-- ===== src/Signal/Safety.antt =====
-- No turn of the threads of racey-signal.c goes wrong, and to whom they send signals.
use mathlib.Core.Path.{subst}
use mathlib.Core.Bool.{false≢true}
use racey_suite.Prelude.{
  ℕ, ◌-◌, ◌*◌, ◌≤◌, ◌<◌, ◌≡◌, refl, true, false, Option, none, some, length, get_or,
  get_elem?-eq-get_or, set?-eq-set, arith, ◌∙◌, sym, ap, leb, Bool-cases, inl, inr,
}
use racey_suite.Machine.{System}
use racey_suite.Signal.{
  Frame, Shared, Pc, storing_self, installing, arriving, passing, mixing, signalling, coming_back,
  leaving, ended, delivering, body_step, signal_step, interruptible, choose_and_kill, target_of,
  next_batch, handler_memory,
}
use racey_suite.Signal.Move.{
  HasSizes, IsPc, IsFrame, store, install, arrive, pass, kills, come_back, leave, MoveOf,
  handler_turn-MoveOf, after_mix-MoveOf, deliver-MoveOf, either-MoveOf, mix_step-Sized,
  next_batch-in_loop,
}
use racey_suite.Signal.Invariant.{Inv, kernel, came, back, inside, has_self}

came-has_self : (p : Pc) → came p ≡ 1 → kernel p ≡ 0 → has_self p ≡ true
came-has_self p e k = ground arith

-- A thread to which a signal can be sent: one of the program, which has stored its
-- `pthread_self()` and has not ended.
pub record Target (n : ℕ) (c : System Shared Pc) (t : ℕ) : Type 0 where
  pub first : 1 ≤ t
  pub last : t ≤ n
  pub known : get_or c.shared.thread_selfs t false ≡ true
  pub alive : c.shared.dead t ≡ false

module _ {n : ℕ} {c : System Shared Pc} (inv : Inv n c) (some_thread : 1 ≤ n) (few : n ≤ 32)
    (max_loop i : ℕ) (low : 1 ≤ i) (high : i ≤ 2 * n) where
  pub in_program : (p : Pc) → c.locals i ≡ p → kernel p ≡ 0 → i ≤ n
  in_program p here e = ground (arith, inv.roles i low high, ap kernel here, e)

  pub target : (k : ℕ) → c.locals i ≡ signalling k → (num : ℕ) → Target n c (target_of n num)
  target k here num =
      let small : target_of n num ≤ n = omega arith in
      let arrived : came (c.locals (target_of n num)) ≡ 1 =
        inv.opened i low high (ap inside here) (target_of n num) (omega arith) (omega arith) in
      record {
        first = omega arith;
        last = small;
        known = inv.stored (target_of n num) (omega arith) small (
            came-has_self (c.locals (target_of n num)) arrived
              (ground (arith, inv.roles (target_of n num) (omega arith) (omega arith))));
        alive = elim (Bool-cases (c.shared.dead (target_of n num))) [
          | inr e ↦ e
          | inl e ↦
              let mine : back (c.locals i) ≡ 1 = inv.shut (target_of n num) e i low high in
              absurd (omega (arith, mine, ap back here))
        ];
      }

  kills-MoveOf :
      (k num : ℕ)
      → c.locals i ≡ signalling k
      → MoveOf n i c.shared
          (signalling k)
          (choose_and_kill n c.shared (next_batch max_loop k) (some num))
  kills-MoveOf k num here =
      let t = target k here num in
      let (inside, legal) = next_batch-in_loop max_loop k in
      rw
        (
          get_elem?-eq-get_or c.shared.thread_selfs (target_of n num) false
              (omega (arith, inv.selfs, t.last)),
          t.known,
        )
        (either-MoveOf n i c.shared (signalling k) _ _ (c.shared.dead (target_of n num))
          (λ e. absurd (false≢true (sym t.alive ∙ e))) (λ e. kills (target_of n num) inside legal))

  body-MoveOf :
      (p : Pc) → c.locals i ≡ p → MoveOf n i c.shared p (body_step n max_loop i c.shared p)
  unfolding body_step
  body-MoveOf storing_self here =
      let room : i < length c.shared.thread_selfs =
        omega (arith, inv.selfs, in_program storing_self here refl) in
      rw (set?-eq-set c.shared.thread_selfs i true room) (store room)
  body-MoveOf installing here = install
  body-MoveOf arriving here = arrive
  body-MoveOf passing here =
      let (inside, legal) = next_batch-in_loop max_loop 0 in
      either-MoveOf n i c.shared passing _ _ (leb n c.shared.arrived)
        (λ e. pass (ground arith) inside legal) (λ e. tt)
  body-MoveOf (mixing k b q) here =
      let legal = subst IsPc here (inv.legal i) in
      let (r, e, ok) =
        mix_step-Sized i c.shared.mem q (omega (arith, in_program (mixing k b q) here refl))
          inv.sizes legal in
      rw e (after_mix-MoveOf n i max_loop c.shared k b q r ok)
  body-MoveOf (signalling k) here =
      rw
        (get_elem?-eq-get_or c.shared.mem.sig i 0
          (omega (arith, inv.sizes.sigs, in_program (signalling k) here refl)))
        (kills-MoveOf k (get_or c.shared.mem.sig i 0) here)
  body-MoveOf coming_back here = come_back
  body-MoveOf leaving here =
      either-MoveOf n i c.shared leaving _ _ (leb (2 * n) c.shared.arrived)
        (λ e. leave (ground arith)) (λ e. tt)
  body-MoveOf ended here = tt
  body-MoveOf delivering here =
      either-MoveOf n i c.shared delivering _ _ (c.shared.dead (i - n)) (λ e. tt)
        (λ e.
          deliver-MoveOf n i c.shared (i - n) (c.shared.pending (i - n)) (c.shared.frames (i - n))
            (omega arith) (inv.pends (i - n)))

  interrupted :
      (p : Pc)
      → c.locals i ≡ p
      → (o : Option Frame) → IsFrame n i o
      → MoveOf n i c.shared p (interruptible n max_loop i c.shared p o)
  interrupted p here none legal = body-MoveOf p here
  interrupted p here (some frame) (small, legal) =
      let seen : HasSizes (handler_memory c.shared) = record {
        sigs = inv.sizes2;
        cells = inv.sizes.cells;
      } in
      let (r, e, ok) =
        mix_step-Sized i (handler_memory c.shared) frame.point (omega arith) seen legal in
      rw e (handler_turn-MoveOf n i c.shared p frame.rounds frame.point r small ok)

  -- No turn goes wrong.
  pub turn-MoveOf :
      MoveOf n i c.shared (c.locals i) (signal_step n max_loop i c.shared (c.locals i))
  unfolding signal_step
  turn-MoveOf = interrupted (c.locals i) refl (c.shared.frames i) (inv.framed i)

## [Your assignment]
Could you restate the records above word for word?

## [Result for this task]
-- ===== src/Signal/Safety.antt =====
-- No turn of the threads of racey-signal.c goes wrong, and to whom they send signals.
use mathlib.Core.Path.{subst}
use mathlib.Core.Bool.{false≢true}
use racey_suite.Prelude.{
  ℕ, ◌-◌, ◌*◌, ◌≤◌, ◌<◌, ◌≡◌, refl, true, false, Option, none, some, length, get_or,
  get_elem?-eq-get_or, set?-eq-set, arith, ◌∙◌, sym, ap, leb, Bool-cases, inl, inr,
}
use racey_suite.Machine.{System}
use racey_suite.Signal.{
  Frame, Shared, Pc, storing_self, installing, arriving, passing, mixing, signalling, coming_back,
  leaving, ended, delivering, body_step, signal_step, interruptible, choose_and_kill, target_of,
  next_batch, handler_memory,
}
use racey_suite.Signal.Move.{
  HasSizes, IsPc, IsFrame, store, install, arrive, pass, kills, come_back, leave, MoveOf,
  handler_turn-MoveOf, after_mix-MoveOf, deliver-MoveOf, either-MoveOf, mix_step-Sized,
  next_batch-in_loop,
}
use racey_suite.Signal.Invariant.{Inv, kernel, came, back, inside, has_self}

came-has_self : (p : Pc) → came p ≡ 1 → kernel p ≡ 0 → has_self p ≡ true
came-has_self p e k = ground arith

-- A thread to which a signal can be sent: one of the program, which has stored its
-- `pthread_self()` and has not ended.
pub record Target (n : ℕ) (c : System Shared Pc) (t : ℕ) : Type 0 where
  pub first : 1 ≤ t
  pub last : t ≤ n
  pub known : get_or c.shared.thread_selfs t false ≡ true
  pub alive : c.shared.dead t ≡ false

module _ {n : ℕ} {c : System Shared Pc} (inv : Inv n c) (some_thread : 1 ≤ n) (few : n ≤ 32)
    (max_loop i : ℕ) (low : 1 ≤ i) (high : i ≤ 2 * n) where
  pub in_program : (p : Pc) → c.locals i ≡ p → kernel p ≡ 0 → i ≤ n
  in_program p here e = ground (arith, inv.roles i low high, ap kernel here, e)

  pub target : (k : ℕ) → c.locals i ≡ signalling k → (num : ℕ) → Target n c (target_of n num)
  target k here num =
      let small : target_of n num ≤ n = omega arith in
      let arrived : came (c.locals (target_of n num)) ≡ 1 =
        inv.opened i low high (ap inside here) (target_of n num) (omega arith) (omega arith) in
      record {
        first = omega arith;
        last = small;
        known = inv.stored (target_of n num) (omega arith) small (
            came-has_self (c.locals (target_of n num)) arrived
              (ground (arith, inv.roles (target_of n num) (omega arith) (omega arith))));
        alive = elim (Bool-cases (c.shared.dead (target_of n num))) [
          | inr e ↦ e
          | inl e ↦
              let mine : back (c.locals i) ≡ 1 = inv.shut (target_of n num) e i low high in
              absurd (omega (arith, mine, ap back here))
        ];
      }

  kills-MoveOf :
      (k num : ℕ)
      → c.locals i ≡ signalling k
      → MoveOf n i c.shared
          (signalling k)
          (choose_and_kill n c.shared (next_batch max_loop k) (some num))
  kills-MoveOf k num here =
      let t = target k here num in
      let (inside, legal) = next_batch-in_loop max_loop k in
      rw
        (
          get_elem?-eq-get_or c.shared.thread_selfs (target_of n num) false
              (omega (arith, inv.selfs, t.last)),
          t.known,
        )
        (either-MoveOf n i c.shared (signalling k) _ _ (c.shared.dead (target_of n num))
          (λ e. absurd (false≢true (sym t.alive ∙ e))) (λ e. kills (target_of n num) inside legal))

  body-MoveOf :
      (p : Pc) → c.locals i ≡ p → MoveOf n i c.shared p (body_step n max_loop i c.shared p)
  unfolding body_step
  body-MoveOf storing_self here =
      let room : i < length c.shared.thread_selfs =
        omega (arith, inv.selfs, in_program storing_self here refl) in
      rw (set?-eq-set c.shared.thread_selfs i true room) (store room)
  body-MoveOf installing here = install
  body-MoveOf arriving here = arrive
  body-MoveOf passing here =
      let (inside, legal) = next_batch-in_loop max_loop 0 in
      either-MoveOf n i c.shared passing _ _ (leb n c.shared.arrived)
        (λ e. pass (ground arith) inside legal) (λ e. tt)
  body-MoveOf (mixing k b q) here =
      let legal = subst IsPc here (inv.legal i) in
      let (r, e, ok) =
        mix_step-Sized i c.shared.mem q (omega (arith, in_program (mixing k b q) here refl))
          inv.sizes legal in
      rw e (after_mix-MoveOf n i max_loop c.shared k b q r ok)
  body-MoveOf (signalling k) here =
      rw
        (get_elem?-eq-get_or c.shared.mem.sig i 0
          (omega (arith, inv.sizes.sigs, in_program (signalling k) here refl)))
        (kills-MoveOf k (get_or c.shared.mem.sig i 0) here)
  body-MoveOf coming_back here = come_back
  body-MoveOf leaving here =
      either-MoveOf n i c.shared leaving _ _ (leb (2 * n) c.shared.arrived)
        (λ e. leave (ground arith)) (λ e. tt)
  body-MoveOf ended here = tt
  body-MoveOf delivering here =
      either-MoveOf n i c.shared delivering _ _ (c.shared.dead (i - n)) (λ e. tt)
        (λ e.
          deliver-MoveOf n i c.shared (i - n) (c.shared.pending (i - n)) (c.shared.frames (i - n))
            (omega arith) (inv.pends (i - n)))

  interrupted :
      (p : Pc)
      → c.locals i ≡ p
      → (o : Option Frame) → IsFrame n i o
      → MoveOf n i c.shared p (interruptible n max_loop i c.shared p o)
  interrupted p here none legal = body-MoveOf p here
  interrupted p here (some frame) (small, legal) =
      let seen : HasSizes (handler_memory c.shared) = record {
        sigs = inv.sizes2;
        cells = inv.sizes.cells;
      } in
      let (r, e, ok) =
        mix_step-Sized i (handler_memory c.shared) frame.point (omega arith) seen legal in
      rw e (handler_turn-MoveOf n i c.shared p frame.rounds frame.point r small ok)

  -- No turn goes wrong.
  pub turn-MoveOf :
      MoveOf n i c.shared (c.locals i) (signal_step n max_loop i c.shared (c.locals i))
  unfolding signal_step
  turn-MoveOf = interrupted (c.locals i) refl (c.shared.frames i) (inv.framed i)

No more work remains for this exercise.